#### TASK TO COMPLETE:
Your answer should consist of every line from the records that holds the string "access".

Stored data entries
-- ===== src/Schema/Xyzm.antt =====
-- lib/pc_schema.c: finding the coordinates of a schema by the names of its dimensions, and what
-- makes a schema valid.
use pointcloud.Common.{
  ℕ, ◌+◌, Bool, true, false, ◌||◌, ◌==◌, if◌then◌else◌, List, [], ◌∷◌, Option, none, some,
}
use pointcloud.Common.Result.{Result, ok, ◌>>=◌}
use pointcloud.Text.{codes, same_nocase}
use pointcloud.Schema.{Dimension, Schema, ndims}
use pointcloud.Schema.Compare.{followed}

unfoldable pub is_name : List (List ℕ) → List ℕ → Bool
unfolding same_nocase
is_name [] dimname = false
is_name (name ∷ names) dimname = same_nocase dimname name || is_name names dimname

abbrev pub x_names : List (List ℕ)
x_names = codes "X" ∷ codes "Longitude" ∷ codes "Lon" ∷ []

abbrev pub y_names : List (List ℕ)
y_names = codes "Y" ∷ codes "Latitude" ∷ codes "Lat" ∷ []

abbrev pub z_names : List (List ℕ)
z_names = codes "Z" ∷ codes "H" ∷ codes "Height" ∷ []

abbrev pub m_names : List (List ℕ)
m_names = codes "M" ∷ codes "T" ∷ codes "Time" ∷ codes "GPSTime" ∷ []

module _ {ℓ} {D T : Type ℓ} where
  -- What the name of dimension `i` makes of it.
  unfoldable pub point_at_name : ℕ → List ℕ → Schema D T → Schema D T
  unfolding is_name
  point_at_name i dimname s =
      if is_name x_names dimname
      then record s { xdim = some i }
      else if is_name y_names dimname
      then record s { ydim = some i }
      else if is_name z_names dimname
      then record s { zdim = some i }
      else if is_name m_names dimname
      then record s { mdim = some i }
      else s

  -- What a dimension's name makes of it, if it has one.
  unfoldable pub point_at : ℕ → Option (List ℕ) → Schema D T → Schema D T
  unfolding point_at_name
  point_at i none s = s
  point_at i (some dimname) s = point_at_name i dimname s

  -- The loop, from dimension `i` on.
  unfoldable pub check_xyzm_loop :
      ℕ → List (Option (Dimension D)) → Schema D T → Result (Schema D T)
  unfolding point_at
  check_xyzm_loop i [] s = ok s
  check_xyzm_loop i (x ∷ dims) s = do
    d ← followed x
    check_xyzm_loop (i + 1) dims (point_at i d.name s)

  unfoldable pub schema_check_xyzm : Schema D T → Result (Schema D T)
  unfolding check_xyzm_loop
  schema_check_xyzm s = check_xyzm_loop 0 s.dims s

module _ {ℓ} {D : Type ℓ} where
  unfoldable pub all_dimensions : List (Option (Dimension D)) → Bool
  all_dimensions [] = true
  all_dimensions (none ∷ dims) = false
  all_dimensions (some d ∷ dims) = all_dimensions dims

module _ {ℓ} {D T : Type ℓ} where
  unfoldable pub schema_is_valid : Schema D T → Bool
  unfolding all_dimensions
  schema_is_valid s = elim s.xdim [
    | none ↦ false
    | some x ↦ elim s.ydim [
      | none ↦ false
      | some y ↦ if ndims s == 0 then false else all_dimensions s.dims
    ]
  ]
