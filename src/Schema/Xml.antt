-- ===== src/Schema/Xml.antt =====
-- lib/pc_schema.c: reading a schema from its XML form. Parsing the text and finding the nodes
-- (libxml2) is a parameter, which gives a document; the texts of a node become a dimension here.
use pointcloud.Common.{
  ℕ, ◌+◌, ◌-◌, ◌%◌, ◌^◌, Bool, true, false, ◌||◌, ◌==◌, ltb, if◌then◌else◌, List, [], ◌∷◌, length,
  get_elem?, Option, none, some,
}
use pointcloud.Common.Result.{Result, ok, access, ◌>>=◌}
use pointcloud.Bytes.{interpretation_size, u32}
use pointcloud.Value.{
  Doubles, pc_int8, pc_uint8, pc_int16, pc_uint16, pc_int32, pc_uint32, pc_int64, pc_uint64,
  pc_double, pc_float,
}
use pointcloud.Text.{codes, same_nocase, same_text, char_at, atoi}
use pointcloud.Schema.{
  Dimension, Hashtable, Schema, ndims, dimension_new, schema_new, schema_set_dimension,
  schema_calculate_byteoffsets,
}
use pointcloud.Schema.Compare.{followed}
use pointcloud.Schema.Xyzm.{schema_check_xyzm, schema_is_valid}

-- The numbers of `enum COMPRESSIONS`.
abbrev pub pc_none : ℕ
pc_none = 0

abbrev pub pc_dimensional : ℕ
pc_dimensional = 1

abbrev pub pc_lazperf : ℕ
pc_lazperf = 2

-- The type that the digit after `int` or `uint` tells.
sized_type : ℕ → ℕ → ℕ → ℕ → ℕ → ℕ
sized_type c int8 int16 int32 int64 =
    if c == b'8'
    then int8
    else if c == b'1'
    then int16
    else if c == b'3'
    then int32
    else if c == b'6'
    then int64
    else 0

type_of_letter : List ℕ → ℕ → Result ℕ
unfolding sized_type char_at
type_of_letter str c =
    if c == b'i' || c == b'I'
    then (do digit ← char_at str 3; ok (sized_type digit pc_int8 pc_int16 pc_int32 pc_int64))
    else if c == b'u' || c == b'U'
    then (do digit ← char_at str 4; ok (sized_type digit pc_uint8 pc_uint16 pc_uint32 pc_uint64))
    else if c == b'd' || c == b'D'
    then ok pc_double
    else if c == b'f' || c == b'F'
    then ok pc_float
    else ok 0

unfoldable pub interpretation_number : List ℕ → Result ℕ
unfolding type_of_letter
interpretation_number str = do c ← char_at str 0; type_of_letter str c

-- The first letter is tested as well, which `strcasecmp` makes redundant.
unfoldable pub compression_number : List ℕ → ℕ
unfolding same_nocase
compression_number str =
    if same_nocase str (codes "dimensional")
    then pc_dimensional
    else if same_nocase str (codes "laz")
    then pc_lazperf
    else pc_none

-- The conversion of a number in a text by `atof`, and what libxml2 finds in a schema.
pub record Metadata : Type 0 where
  pub name : Option (List ℕ)
  pub content : List ℕ

-- The elements that the two path expressions select: for a dimension the names of its child
-- elements with their texts. The outer `none` is an expression that could not be evaluated, the
-- inner one a null set of nodes.
pub record Document : Type 0 where
  pub dimensions : Option (Option (List (List (List ℕ × List ℕ))))
  pub metadata : Option (Option (List Metadata))

pub record Parser {ℓ} (D : Type ℓ) : Type ℓ where
  pub parse : List ℕ → Option Document
  pub atof : List ℕ → D

module _ {ℓ} {D : Type ℓ} (parser : Parser D) where
  -- What a child element of a dimension sets. Unknown elements are reported only.
  unfoldable pub read_child : Dimension D → List ℕ → List ℕ → Result (Dimension D)
  unfolding same_text atoi interpretation_number
  read_child d name content =
      if same_text name (codes "name")
      then ok (record d { name = some content })
      else if same_text name (codes "description")
      then ok (record d { description = some content })
      else if same_text name (codes "size")
      then ok (record d { size = atoi content })
      else if same_text name (codes "active")
      then ok (record d { active = atoi content % 256 })
      else if same_text name (codes "position")
      then ok (record d { position = (atoi content + (2 ^ 32 - 1)) % 2 ^ 32 })
      else if same_text name (codes "interpretation")
      then (do
        interpretation ← interpretation_number content
        ok (record d { interpretation = interpretation }))
      else if same_text name (codes "scale")
      then ok (record d { scaling = record d.scaling { scale = parser.atof content } })
      else if same_text name (codes "offset")
      then ok (record d { scaling = record d.scaling { offset = parser.atof content } })
      else ok d

  unfoldable pub read_children : List (List ℕ × List ℕ) → Dimension D → Result (Dimension D)
  unfolding read_child
  read_children [] d = ok d
  read_children ((name, content) ∷ children) d = do
    d' ← read_child d name content
    read_children children d'

module _ {ℓ} {D : Type ℓ} (doubles : Doubles D) (parser : Parser D) where
  -- One element, up to the conversion of its interpretation to a size.
  unfoldable pub read_dimension : List (List ℕ × List ℕ) → Result (Dimension D)
  unfolding read_children dimension_new
  read_dimension element = do
    d ← read_children parser element (dimension_new doubles)
    size ← interpretation_size d.interpretation
    ok (record d { size = u32 size })

-- Rolling forward to the first `<`.
unfoldable pub roll_forward : List ℕ → List ℕ
roll_forward [] = []
roll_forward (c ∷ cs) = elim (c == b'<') [ true ↦ c ∷ cs | false ↦ roll_forward cs ]

module _ {ℓ} {D T : Type ℓ} where
  -- The entries that name a compression set it; the last one counts.
  unfoldable pub read_metadata : List Metadata → Option (Schema D T) → Result (Option (Schema D T))
  unfolding same_text compression_number
  read_metadata [] s = ok s
  read_metadata (entry ∷ entries) s = do
    name ← followed entry.name
    elim (same_text name (codes "compression")) [
      | true ↦ do
        schema ← followed s
        read_metadata entries
            (some (record schema { compression = compression_number entry.content }))
      | false ↦ read_metadata entries s
    ]

  -- The second half of the function, unless the first one jumped to its end.
  unfoldable pub read_entries :
      Option (Option (List Metadata)) → Option (Schema D T) × Bool → Result (Option (Schema D T))
  unfolding read_metadata
  read_entries metadata (s, false) = ok s
  read_entries none (s, true) = ok s
  read_entries (some none) (s, true) = ok s
  read_entries (some (some entries)) (s, true) = read_metadata entries s

  unfoldable pub keep_valid : Option (Schema D T) → Option (Schema D T)
  unfolding schema_is_valid
  keep_valid none = none
  keep_valid (some s) = if schema_is_valid s then some s else none

module _ {ℓ} {D T : Type ℓ} (doubles : Doubles D) (parser : Parser D) (table : Hashtable T) where
  -- The loop over the elements of a schema, and whether it ran to its end: at a position that is
  -- out of range or taken it jumps to the end of the function.
  unfoldable pub store_dimensions :
      List (List (List ℕ × List ℕ)) → Schema D T → Result (Schema D T × Bool)
  unfolding read_dimension schema_set_dimension
  store_dimensions [] s = ok (s, true)
  store_dimensions (element ∷ elements) s = do
    d ← read_dimension doubles parser element
    elim (ltb d.position (ndims s)) [
      | false ↦ ok (s, false)
      | true ↦ do
        slot ← access (get_elem? s.dims d.position)
        elim slot [
          | some old ↦ ok (s, false)
          | none ↦ do s' ← schema_set_dimension table s d; store_dimensions elements s'
        ]
    ]

  -- A set of dimensions as a schema, and whether reading goes on.
  unfoldable pub read_schema : List (List (List ℕ × List ℕ)) → Result (Option (Schema D T) × Bool)
  unfolding store_dimensions schema_new schema_calculate_byteoffsets schema_check_xyzm
  read_schema elements = do
    stored ← store_dimensions elements (schema_new table (length elements))
    elim stored.1 [
      | false ↦ ok (some stored.0, false)
      | true ↦ do
        placed ← schema_calculate_byteoffsets stored.0
        s ← schema_check_xyzm placed
        ok (some s, true)
    ]

  unfoldable pub read_nodes :
      Option (List (List (List ℕ × List ℕ))) → Result (Option (Schema D T) × Bool)
  unfolding read_schema
  read_nodes none = ok (none, true)
  read_nodes (some elements) = read_schema elements

  -- The schema when the function comes to its end.
  unfoldable pub read_document : Document → Result (Option (Schema D T))
  unfolding read_nodes read_entries
  read_document document = elim document.dimensions [
    | none ↦ ok none
    | some nodes ↦ do found ← read_nodes nodes; read_entries document.metadata found
  ]

  unfoldable pub schema_from_xml : List ℕ → Result (Option (Schema D T))
  unfolding read_document keep_valid roll_forward
  schema_from_xml xml_str = elim (parser.parse (roll_forward xml_str)) [
    | none ↦ ok none
    | some document ↦ do s ← read_document document; ok (keep_valid s)
  ]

#### TASK SOLUTION:
use pointcloud.Common.Result.{Result, ok, access, ◌>>=◌}
        slot ← access (get_elem? s.dims d.position)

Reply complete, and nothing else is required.